A Voyage in the 'Sunbeam' eBook

This eBook from the Gutenberg Project consists of approximately 552 pages of information about A Voyage in the 'Sunbeam'.
Then we went a little further, and, in a small wooden house, under the cocoa trees, at last found some of the little humming birds for which the Malay Archipelago is famous.  They glisten with a marvellous metallic lustre all over their bodies, instead of only in patches, as one sees upon those in South America and the West Indies.  The drive was intensely tropical in character, until we reached the waterfall, where we left the carriage and got into chairs, each carried by six coolies.  The scenery all about the waterfall is lovely, and a large stream of sparkling, cool, clear water tumbling over the rocks was most refreshing to look at.  Many people who have business in Penang live up here, riding up and down morning and evening, for the sake of the cool, refreshing night air.  One of the most curious things in vegetation which strikes our English eyes is the extraordinary abundance of the sensitive plant.  It is interwoven with all the grass, and grows thickly in all the hedgerows.  In the neatly kept turf, round the Government bungalow, its long, creeping, prickly stems, acacia-like leaves, and little fluffy mauve balls of flowers are so numerous, that, walking up and down the croquet lawn, it appears to be bowing before you, for the delicate plants are sensible of even an approaching footstep, and shut up and hide their tiny leaves among the grass long before you really reach them.

From the top of the hill you can see ninety miles in the clear atmosphere, far away across the Straits of Perak to the mainland.  We could not stay long, and were carried down the hill backwards, as our bearers were afraid of our tumbling out of the chairs if we travelled forwards.  The tropical vegetation is even more striking here, but, alas! it is already losing its novelty to us.  Those were indeed pleasant days when everything was new and strange; it seems now almost as if years, not months, had gone past since we first entered these latitudes.  We found the carriage waiting for us when we arrived at the bottom of the hill about seven o’clock, and it was not long before we reached the town.

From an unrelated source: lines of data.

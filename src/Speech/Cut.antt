-- ===== src/Speech/Cut.antt =====
-- The cut of plannedSpeechBoundary of internal/voice/speech_planner.go: its bounds.
use agent_server.Prelude.{
  ℕ, ◌+◌, ◌≤◌, ◌<◌, ◌≡◌, ◌⊎◌, Bool, true, false, [], ◌∷◌, length, is_empty, ℤ, pos, ◌≤ℤ◌, ◌<ℤ◌,
  add64, quot, wrap, arith,
}
use agent_server.Text.{Text}
use agent_server.BargeIn.Signals.{max_int}
use agent_server.Speech.Boundary.{
  SpeechPlannerConfig, normalize_speech_planner_config, Cuts, no_cuts, note_rune, scan_runes,
  max_chunk_runes, choose_cut, forced_cut, flushed_cut, target_cut, planned_speech_boundary,
}

-- Sizes of chunks that a clause can have: positive, and the target is no less than the minimum.
abbrev pub IsNormal : SpeechPlannerConfig → Type 0
IsNormal cfg = (pos 1 ≤ℤ cfg.min_chunk_runes) × (cfg.min_chunk_runes ≤ℤ cfg.target_chunk_runes)

pub normalize-IsNormal :
    (cfg : SpeechPlannerConfig) → IsNormal (normalize_speech_planner_config cfg)
unfolding normalize_speech_planner_config
normalize-IsNormal cfg = ground arith

-- The cuts lie within the first `n` runes, and the first ones are long enough.
pub record AreWithin (cfg : SpeechPlannerConfig) (n : ℕ) (m : Cuts) : Type 0 where
  last_strong_within : m.last_strong ≤ n
  last_soft_within : m.last_soft ≤ n
  last_space_within : m.last_space ≤ n
  first_strong_within : m.first_strong ≤ n
  first_soft_within : m.first_soft ≤ n
  first_strong_long : (m.first_strong ≡ 0) ⊎ (cfg.min_chunk_runes ≤ℤ pos m.first_strong)
  first_soft_long : (m.first_soft ≡ 0) ⊎ (cfg.min_chunk_runes ≤ℤ pos m.first_soft)

note_rune-AreWithin :
    (cfg : SpeechPlannerConfig) (n r : ℕ) (m : Cuts)
    → AreWithin cfg n m
    → AreWithin cfg (n + 1) (note_rune cfg (n + 1) r m)
unfolding note_rune
note_rune-AreWithin cfg n r m w = ground arith

scan_runes-AreWithin :
    (cfg : SpeechPlannerConfig) (n : ℕ) (runes : Text) (m : Cuts)
    → AreWithin cfg n m
    → AreWithin cfg (n + length runes) (scan_runes cfg n runes m)
unfolding scan_runes
scan_runes-AreWithin cfg n [] m w = ground arith
scan_runes-AreWithin cfg n (r ∷ runes) m w =
    let later =
      scan_runes-AreWithin cfg (n + 1) runes (note_rune cfg (n + 1) r m)
        (note_rune-AreWithin cfg n r m w) in
    ground arith

-- What a cut of `total` runes is.
abbrev IsCut : SpeechPlannerConfig → Bool → ℕ → ℤ → Type 0
IsCut cfg flush total cut = (cut ≤ℤ pos total) × (pos 0 ≤ℤ cut) × ((flush ≡ true) → pos 1 ≤ℤ cut)

flushed_cut-IsCut :
    (cfg : SpeechPlannerConfig) (flush : Bool) (total : ℕ) (m : Cuts)
    → IsNormal cfg
    → 0 < total
    → AreWithin cfg total m
    → IsCut cfg flush total (flushed_cut cfg flush total m)
unfolding flushed_cut
flushed_cut-IsCut cfg flush total m normal h w = ground arith

forced_cut-IsCut :
    (cfg : SpeechPlannerConfig) (flush : Bool) (total : ℕ) (m : Cuts)
    → IsNormal cfg
    → 0 < total
    → AreWithin cfg total m
    → IsCut cfg flush total (forced_cut cfg flush total m)
unfolding forced_cut
forced_cut-IsCut cfg flush total m normal h w =
    ground (arith, flushed_cut-IsCut cfg flush total m normal h w)

target_cut-IsCut :
    (cfg : SpeechPlannerConfig) (flush : Bool) (total : ℕ) (m : Cuts)
    → IsNormal cfg
    → 0 < total
    → AreWithin cfg total m
    → IsCut cfg flush total (target_cut cfg flush total m)
unfolding target_cut
target_cut-IsCut cfg flush total m normal h w =
    ground (arith, forced_cut-IsCut cfg flush total m normal h w)

-- The early returns before the target: each is a mark within the text.
choose_cut_marks :
    (cfg : SpeechPlannerConfig) (flush : Bool) (total : ℕ) (m : Cuts)
    → pos 1 ≤ℤ cfg.min_chunk_runes
    → m.first_strong ≤ total
    → m.last_strong ≤ total
    → m.last_soft ≤ total
    → IsCut cfg flush total (target_cut cfg flush total m)
    → IsCut cfg flush total (choose_cut cfg flush total m)
unfolding choose_cut
choose_cut_marks cfg flush total m least a b c h = ground arith

choose_cut-IsCut :
    (cfg : SpeechPlannerConfig) (flush : Bool) (total : ℕ) (m : Cuts)
    → IsNormal cfg
    → 0 < total
    → AreWithin cfg total m
    → IsCut cfg flush total (choose_cut cfg flush total m)
choose_cut-IsCut cfg flush total m normal h w =
    choose_cut_marks cfg flush total m normal.0 w.first_strong_within w.last_strong_within
      w.last_soft_within (target_cut-IsCut cfg flush total m normal h w)

no_cuts-AreWithin : (cfg : SpeechPlannerConfig) → AreWithin cfg 0 no_cuts
no_cuts-AreWithin cfg = ground arith

pub scan-AreWithin :
    (cfg : SpeechPlannerConfig) (runes : Text)
    → AreWithin cfg (length runes) (scan_runes cfg 0 runes no_cuts)
scan-AreWithin cfg runes =
    ground (arith, scan_runes-AreWithin cfg 0 runes no_cuts (no_cuts-AreWithin cfg))

pub boundary-IsCut :
    (cfg : SpeechPlannerConfig) (flush : Bool) (runes : Text)
    → IsNormal cfg
    → 0 < length runes
    → IsCut cfg flush (length runes) (planned_speech_boundary cfg flush runes)
unfolding planned_speech_boundary
boundary-IsCut cfg flush [] normal h = absurd (omega arith)
boundary-IsCut cfg flush (r ∷ runes) normal h =
    choose_cut-IsCut cfg flush (length (r ∷ runes)) (scan_runes cfg 0 (r ∷ runes) no_cuts) normal h
      (scan-AreWithin cfg (r ∷ runes))

-- A live cut is long enough, and there is one once the target is reached.
abbrev IsLive : SpeechPlannerConfig → ℕ → ℤ → Type 0
IsLive cfg total cut =
    ((cut ≡ pos 0) ⊎ (cfg.min_chunk_runes ≤ℤ cut))
    × ((cut ≡ pos 0) → pos (total + 1) ≤ℤ cfg.target_chunk_runes)

max_chunk_runes_lem :
    (cfg : SpeechPlannerConfig)
    → IsNormal cfg
    → cfg.target_chunk_runes ≤ℤ pos 4611686018427387904
    → cfg.target_chunk_runes ≤ℤ max_chunk_runes cfg
unfolding max_chunk_runes max_int add64 quot wrap
max_chunk_runes_lem cfg normal h = ground arith

forced_cut-IsLive :
    (cfg : SpeechPlannerConfig) (total : ℕ) (m : Cuts)
    → IsNormal cfg
    → cfg.target_chunk_runes ≤ℤ pos 4611686018427387904
    → pos (total + 1) ≤ℤ cfg.target_chunk_runes
    → IsLive cfg total (forced_cut cfg false total m)
unfolding forced_cut flushed_cut
forced_cut-IsLive cfg total m normal h short = ground (arith, max_chunk_runes_lem cfg normal h)

target_cut-IsLive :
    (cfg : SpeechPlannerConfig) (total : ℕ) (m : Cuts)
    → IsNormal cfg
    → cfg.target_chunk_runes ≤ℤ pos 4611686018427387904
    → AreWithin cfg total m
    → IsLive cfg total (target_cut cfg false total m)
unfolding target_cut
target_cut-IsLive cfg total m normal h w = ground (arith, forced_cut-IsLive cfg total m normal h)

choose_cut-IsLive :
    (cfg : SpeechPlannerConfig) (total : ℕ) (m : Cuts)
    → IsNormal cfg
    → cfg.target_chunk_runes ≤ℤ pos 4611686018427387904
    → AreWithin cfg total m
    → IsLive cfg total (choose_cut cfg false total m)
unfolding choose_cut
choose_cut-IsLive cfg total m normal h w = ground (arith, target_cut-IsLive cfg total m normal h w)

pub live_boundary :
    (cfg : SpeechPlannerConfig) (runes : Text)
    → IsNormal cfg
    → cfg.target_chunk_runes ≤ℤ pos 4611686018427387904
    → cfg.target_chunk_runes ≤ℤ pos (length runes)
    → is_empty runes ≡ false
    → pos 1 ≤ℤ planned_speech_boundary cfg false runes
unfolding planned_speech_boundary
live_boundary cfg [] normal h long k = cc
live_boundary cfg (r ∷ runes) normal h long k = ground (
  arith,
  choose_cut-IsLive cfg (length (r ∷ runes)) (scan_runes cfg 0 (r ∷ runes) no_cuts) normal h
      (scan-AreWithin cfg (r ∷ runes)),
)

pub normalize_normal :
    (cfg : SpeechPlannerConfig) → IsNormal cfg → normalize_speech_planner_config cfg ≡ cfg
unfolding normalize_speech_planner_config
normalize_normal cfg normal = ground arith

-- Any part of a nonempty text that plannedSpeechBoundary cuts off lies within it. Without a flush,
-- it has the minimal length at least, or there is no cut and the text is shorter than the target;
-- with one, there is a cut. (The settings are normal, and the target is at most 2 ^ 62 runes.)
pub planned_speech_boundary_bounds :
    (cfg : SpeechPlannerConfig) (r : ℕ) (runes : Text)
    → IsNormal cfg
    → cfg.target_chunk_runes ≤ℤ pos 4611686018427387904
    → let live = planned_speech_boundary cfg false (r ∷ runes) in
      let flushed = planned_speech_boundary cfg true (r ∷ runes) in
      (pos 0 ≤ℤ live)
      × (live ≤ℤ pos (length (r ∷ runes)))
      × ((cfg.min_chunk_runes ≤ℤ live)
          ⊎ (live ≡ pos 0) × (pos (length (r ∷ runes)) <ℤ cfg.target_chunk_runes))
      × (pos 1 ≤ℤ flushed)
      × (flushed ≤ℤ pos (length (r ∷ runes)))
unfolding planned_speech_boundary
planned_speech_boundary_bounds cfg r runes normal h = ground (
  arith,
  boundary-IsCut cfg false (r ∷ runes) normal,
  boundary-IsCut cfg true (r ∷ runes) normal,
  choose_cut-IsLive cfg (length (r ∷ runes)) (scan_runes cfg 0 (r ∷ runes) no_cuts) normal h
      (scan-AreWithin cfg (r ∷ runes)),
)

The glowworms and fireflies were numerous.  The natives were cooking their evening meal on the ground beneath the tall palm-trees as we passed, with the glare of the fires lighting up the picturesque huts, their dark figures relieved by their white and scarlet turbans and waist-cloth.  The whole scene put us very much in mind of the old familiar pictures of India, the lithe figures of the natives looking like beautiful bronze statues, the rough country carts, drawn by buffaloes without harness, but dragging by their hump, and driven by black-skinned natives armed with a long goad.  We went straight to the jetty, and found to our surprise that in the roads there was quite a breeze blowing, and a very strong tide running against it, which made the sea almost rough.

Mrs. and Miss Anson, Mr. Talbot, and other friends, dined with us.  At eleven they landed, and we weighed anchor, and were soon gliding through the Straits of Malacca, shaping for Acheen Head, en route to Galle.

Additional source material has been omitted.